REQUIRED WORK >> Filter the entries and keep only the lines where the string "good" appears.

Collected data entries >>
━━━

-- ===== src/Contract/Sessions/Exchange.antt =====
-- From a challenge to a session credential: prove_possession, authorize, verify_authorization, issue
-- and verify_parent of holder_sessions.rs.
use sec_s_magik.Base.{
  ℕ, ◌<◌, ◌≡◌, subst, true, List, Text, ok, is_ok, Eq, list_eq, nat_eq, bne→eq, eq→beq, arith,
}
use sec_s_magik.Contract.Claims.{IssuerPin, Grant, Wire}
use sec_s_magik.Contract.Codec.{Crypto, JsonLibrary, key, public_hex, canonical, sign, verify}
use sec_s_magik.Contract.Version2.{Permission}
use sec_s_magik.Contract.Sessions.{
  Context, Challenge, Authorization, SessionWire, authorize_domain, possession_domain,
  authorization_schema,
}
use sec_s_magik.Contract.Sessions.Protocol
use sec_s_magik.Contract.Codec.Laws.{CryptoLaws, verify-sign}
use sec_s_magik.Contract.Sessions.Windows.{parent_facts}

module _ {SigningKey VerifyingKey Value : Type 0} ⦃e : Eq Value⦄
    (crypto : Crypto SigningKey VerifyingKey) (json : JsonLibrary Value)
    (permission_value : Permission Value → Value)
    (permissions_value : List (Permission Value) → Value) (wire : Wire (Permission Value) Value)
    (session_wire : SessionWire Value) where
  pub structure_keys :
      (c : Challenge Value) (context : Context) (now : ℕ)
      → Protocol.structure crypto json permission_value permissions_value wire session_wire c
          context now
        ≡ ok tt
      → ((v : VerifyingKey) × (key crypto c.holder_public_key ≡ ok v))
        × ((v : VerifyingKey) × (key crypto c.session_public_key ≡ ok v))
  unfolding Protocol.structure
  structure_keys c context now h = (ground arith, ground arith)

  pub review_facts :
      (pin : IssuerPin) (parent : Grant (Permission Value)) (c : Challenge Value)
      (context : Context) (now : ℕ)
      → Protocol.review_challenge crypto json permission_value permissions_value wire session_wire
          pin parent c context now
        ≡ ok tt
      → (Protocol.parent_binding crypto json permission_value permissions_value wire session_wire
            pin parent c context now
          ≡ ok tt)
        × (now < c.review_deadline)
  unfolding Protocol.review_challenge
  review_facts pin parent c context now h = (ground arith, ground arith)

  possession_facts :
      (c : Challenge Value) (session : SigningKey) (now : ℕ) (s : Text)
      → Protocol.prove_possession crypto json permission_value permissions_value wire session_wire c
          session now
        ≡ ok s
      → (Protocol.structure crypto json permission_value permissions_value wire session_wire c
            (Protocol.own_context crypto json permission_value permissions_value wire session_wire
              c)
            now
          ≡ ok tt)
        × (public_hex crypto session ≡ c.session_public_key)
        × (sign crypto json possession_domain (session_wire.challenge c) session ≡ ok s)
  unfolding Protocol.prove_possession
  possession_facts c session now s h = (
    ground arith,
    bne→eq (public_hex crypto session) c.session_public_key (ground arith),
    ground arith,
  )

  -- What a session key proves possession with, verifies under the challenge's session key.
  possession_verifies :
      CryptoLaws crypto
      → (c : Challenge Value) (session : SigningKey) (now : ℕ) (s : Text)
      → Protocol.prove_possession crypto json permission_value permissions_value wire session_wire c
          session now
        ≡ ok s
      → verify crypto json possession_domain (session_wire.challenge c) s c.session_public_key
        ≡ ok tt
  possession_verifies laws c session now s h =
      let (valid, own_key, signed) = possession_facts c session now s h in
      let (_, (v, good)) =
        structure_keys c
          (Protocol.own_context crypto json permission_value permissions_value wire session_wire c)
          now valid in
      subst (λ q. verify crypto json possession_domain (session_wire.challenge c) s q ≡ ok tt)
        own_key
        (verify-sign crypto laws json possession_domain (session_wire.challenge c) session v s
          (rw own_key good) signed)

  -- What `authorize` checks and returns.
  record IsAuthorized (pin : IssuerPin) (parent : Grant (Permission Value)) (c : Challenge Value)
      (s : Text) (context : Context) (holder : SigningKey) (now : ℕ) (a : Authorization Value)
      : Type 0 where
    same_challenge : a.challenge ≡ c
    same_parent : a.parent_grant ≡ parent
    schema : a.schema ≡ authorization_schema
    reviewed :
        Protocol.review_challenge crypto json permission_value permissions_value wire session_wire
          pin parent c context now
        ≡ ok tt
    own_key : public_hex crypto holder ≡ c.holder_public_key
    possessed :
        verify crypto json possession_domain
          (session_wire.challenge c)
          a.session_signature
          c.session_public_key
        ≡ ok tt
    signed :
        sign crypto json authorize_domain (session_wire.challenge c) holder ≡ ok a.holder_signature
    written : is_ok (canonical json (session_wire.authorization a)) ≡ true

  authorize_facts :
      (pin : IssuerPin) (parent : Grant (Permission Value)) (c : Challenge Value) (s : Text)
      (context : Context) (holder : SigningKey) (now : ℕ) (a : Authorization Value)
      → Protocol.authorize crypto json permission_value permissions_value wire session_wire pin
          parent c s context holder now
        ≡ ok a
      → IsAuthorized pin parent c s context holder now a
  unfolding Protocol.authorize
  authorize_facts pin parent c s context holder now a h = record {
    same_challenge = ground arith;
    same_parent = ground arith;
    schema = ground arith;
    reviewed = ground arith;
    own_key = bne→eq (public_hex crypto holder) c.holder_public_key (ground arith);
    possessed = ground arith;
    signed = ground arith;
    written = ground arith;
  }

  -- Given the laws of the cryptography, what a holder authorizes verifies as an authorization, in
  -- that context and at that time.
  pub authorize-verify :
      CryptoLaws crypto
      → (pin : IssuerPin) (parent : Grant (Permission Value)) (c : Challenge Value) (s : Text)
        (context : Context) (holder : SigningKey) (now : ℕ) (a : Authorization Value)
      → Protocol.authorize crypto json permission_value permissions_value wire session_wire pin
          parent c s context holder now
        ≡ ok a
      → Protocol.verify_authorization crypto json permission_value permissions_value wire
          session_wire pin a context now
        ≡ ok tt
  unfolding Protocol.verify_authorization
  authorize-verify laws pin parent c s context holder now a h =
      let facts = authorize_facts pin parent c s context holder now a h in
      let (bound, _) = review_facts pin parent c context now facts.reviewed in
      let (valid, _, _, _) =
        parent_facts crypto json permission_value permissions_value wire session_wire pin parent c
          context now bound in
      let ((v, good), _) = structure_keys c context now valid in
      let signed =
        subst
          (λ q.
            verify crypto json authorize_domain (session_wire.challenge c) a.holder_signature q
            ≡ ok tt)
          facts.own_key
          (verify-sign crypto laws json authorize_domain (session_wire.challenge c) holder v
            a.holder_signature (rw facts.own_key good) facts.signed) in
      ground (
        arith,
        facts.written,
        facts.same_challenge,
        facts.same_parent,
        eq→beq a.schema authorization_schema facts.schema,
        facts.reviewed,
        facts.possessed,
        signed,
      )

━━━

WRITTEN REPLY >>
      let (_, (v, good)) =
          (rw own_key good) signed)
      let ((v, good), _) = structure_keys c context now valid in
            a.holder_signature (rw facts.own_key good) facts.signed) in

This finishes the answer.